I hate it too when you're hurting and people say "so and so has it worse." Pain is pain so measuring who has it worse is just being hurtful.  I'm sorry that somebody in your life is doing that to you. And yes, people can be pretty shitty when they want to be. 

And what you say is worthwhile, so don't let anybody tell you that your experience is "nothing." ok?  :Hug:

----------


## L

I think the fact that so many on this site agree with your point of view on what you just said is a reason. Having a world that doesn't agree or see your point of view is so difficult to be apart of but one day you will met a single person or a group that think like you or share similar view points and that makes things worth while. That only actions you are responsible for are your own so stay true to yourself and keep fighting.  ::): 

Take care sweety
L.x

----------


## merc

I know a good part of the reason I don't even want to try anymore is because of the nasty people out there. I really have a tough time dealing with rude aggressive people. My neighbor yelled at me for walking on his side of the street with my dog and testing his dogs. He has a electronic fence. Essentially his dogs wanted to play with my dog and weren't listening to him at all. So you get it he yelled at me!!

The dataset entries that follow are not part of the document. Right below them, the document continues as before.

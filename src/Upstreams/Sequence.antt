-- ===== src/Upstreams/Sequence.antt =====
-- Failover asks the servers in the order they are configured, up to the first that answers.
use ferrous_dns.Base.{
  append_assoc, append-nil, ◌<◌, length, Bool, true, false, ◌&&◌, if◌then◌else◌, List, [], ◌∷◌,
  ◌++◌, ◌≡◌, refl, ◌∙◌, arith, ◌⊎◌, inl, inr,
}
use ferrous_dns.Upstreams.Errors.{
  DomainError, is_servfail, all_servers_failed, all_upstreams_servfail,
  transport_all_servers_unreachable,
}
use ferrous_dns.Upstreams.Query.{Result, ok, err, QueryContext, World, attempt, query_server}
use ferrous_dns.Upstreams.Replies.{replies, until_ok, first_ok}
use ferrous_dns.Upstreams.Failover

pub Result-cases :
    {A : Type 0} (r : Result A) → ((a : A) × (r ≡ ok a)) ⊎ ((e : DomainError) × (r ≡ err e))
Result-cases (ok a) = inl (a, refl)
Result-cases (err e) = inr (e, refl)

all_servers_failed_lem :
    (flag : Bool)
    → all_servers_failed flag
      ≡ (if flag then all_upstreams_servfail else transport_all_servers_unreachable)
all_servers_failed_lem true = refl
all_servers_failed_lem false = refl

module _ {K : Type 0} (same : Discrete K) (w : World K) where
  pub try_next-replies :
      (ctx : QueryContext K) (flag : Bool) (asked servers : List K)
      → Failover.try_next same w ctx flag asked servers ≡ (
        asked ++ until_ok (replies same w ctx asked servers),
        first_ok flag (replies same w ctx asked servers),
      )
  unfolding Failover.try_next replies
  try_next-replies ctx flag asked [] = rw (append-nil, all_servers_failed_lem flag) refl
  try_next-replies ctx flag asked (s ∷ servers) =
      elim (Result-cases (query_server same w ctx asked s)) [
        | inl (r, e) ↦ rw (e, Failover.try_next) refl
        | inr (d, e) ↦
            rw
              (
                e,
                Failover.try_next,
                try_next-replies ctx (flag && is_servfail d) (asked ++ s ∷ []) servers,
                append_assoc,
              )
              refl
      ]

  -- The context's list of servers matters to the loop only through the servers it is given.
  pub try_next-servers :
      (ctx : QueryContext K) (l : List K) (flag : Bool) (asked servers : List K)
      → Failover.try_next same w (record ctx { servers = l }) flag asked servers
        ≡ Failover.try_next same w ctx flag asked servers
  unfolding Failover.try_next attempt
  try_next-servers ctx l flag asked [] = refl
  try_next-servers ctx l flag asked (s ∷ servers) =
      elim (Result-cases (query_server same w ctx asked s)) [
        | inl (r, e) ↦ rw (e, Failover.try_next) refl
        | inr (d, e) ↦
            rw (e, Failover.try_next)
              (try_next-servers ctx l (flag && is_servfail d) (asked ++ s ∷ []) servers)
      ]

  -- With a server at least the query is the loop over all of them.
  pub query-try_next :
      (ctx : QueryContext K) (asked : List K)
      → 0 < length ctx.servers
      → Failover.query same w ctx asked ≡ Failover.try_next same w ctx true asked ctx.servers
  unfolding Failover.query
  query-try_next ctx asked h = go ctx.servers refl h
    where
      go :
          (l : List K)
          → ctx.servers ≡ l
          → 0 < length l
          → Failover.query same w ctx asked ≡ Failover.try_next same w ctx true asked ctx.servers
      go [] e k = absurd (omega arith)
      go (s ∷ l) e k = rw e refl

  -- With a server at least, failover asks the servers in their order up to the first that answers,
  -- and each of them once when none does. It returns the first answer; without one the error is
  -- the one for "every server answered SERVFAIL" when each reply was that, and
  -- `TransportAllServersUnreachable` otherwise.
  pub query-replies :
      (ctx : QueryContext K) (asked : List K)
      → 0 < length ctx.servers
      → Failover.query same w ctx asked ≡ (
        asked ++ until_ok (replies same w ctx asked ctx.servers),
        first_ok true (replies same w ctx asked ctx.servers),
      )
  query-replies ctx asked h =
      query-try_next ctx asked h ∙ try_next-replies ctx true asked ctx.servers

I didn't even respond to him, other than I switched to the other side of the road and I really don't think it will help much because they always race out to the fence line and jumping up and down barking. I suppose he does have a point but I don't understand why he had to yell when he could have asked nicely? I am allowed to walk on the road. See I more upset with the "angry, mean," behind his request than the request.

I understand this is relatively a small thing that most people would overlook and ignore, but with me I'll never voluntarily greet this man pleasantly ever again. Say he is out there near the road weeding his flowers or something, before this I might have managed a good morning. Now he'll be lucky if he gets a head nod or wave and that'll be only after he speaks first and then I will fret about that forever. Thankfully I rarely see this man. In all the years,15,  I've lived here I've spoken to him maybe twice and I wouldn't recognize him either.

----------


## Chantellabella

I have a saying that I tell rude people. Like the other day I was trying to cross the road with my car. There was a lot of traffic. The traffic was stopped by a light and I was trying to get across the road. A man saw me and pulled his car right in front of me so I couldn't go all the way across. Then he flipped me the bird. 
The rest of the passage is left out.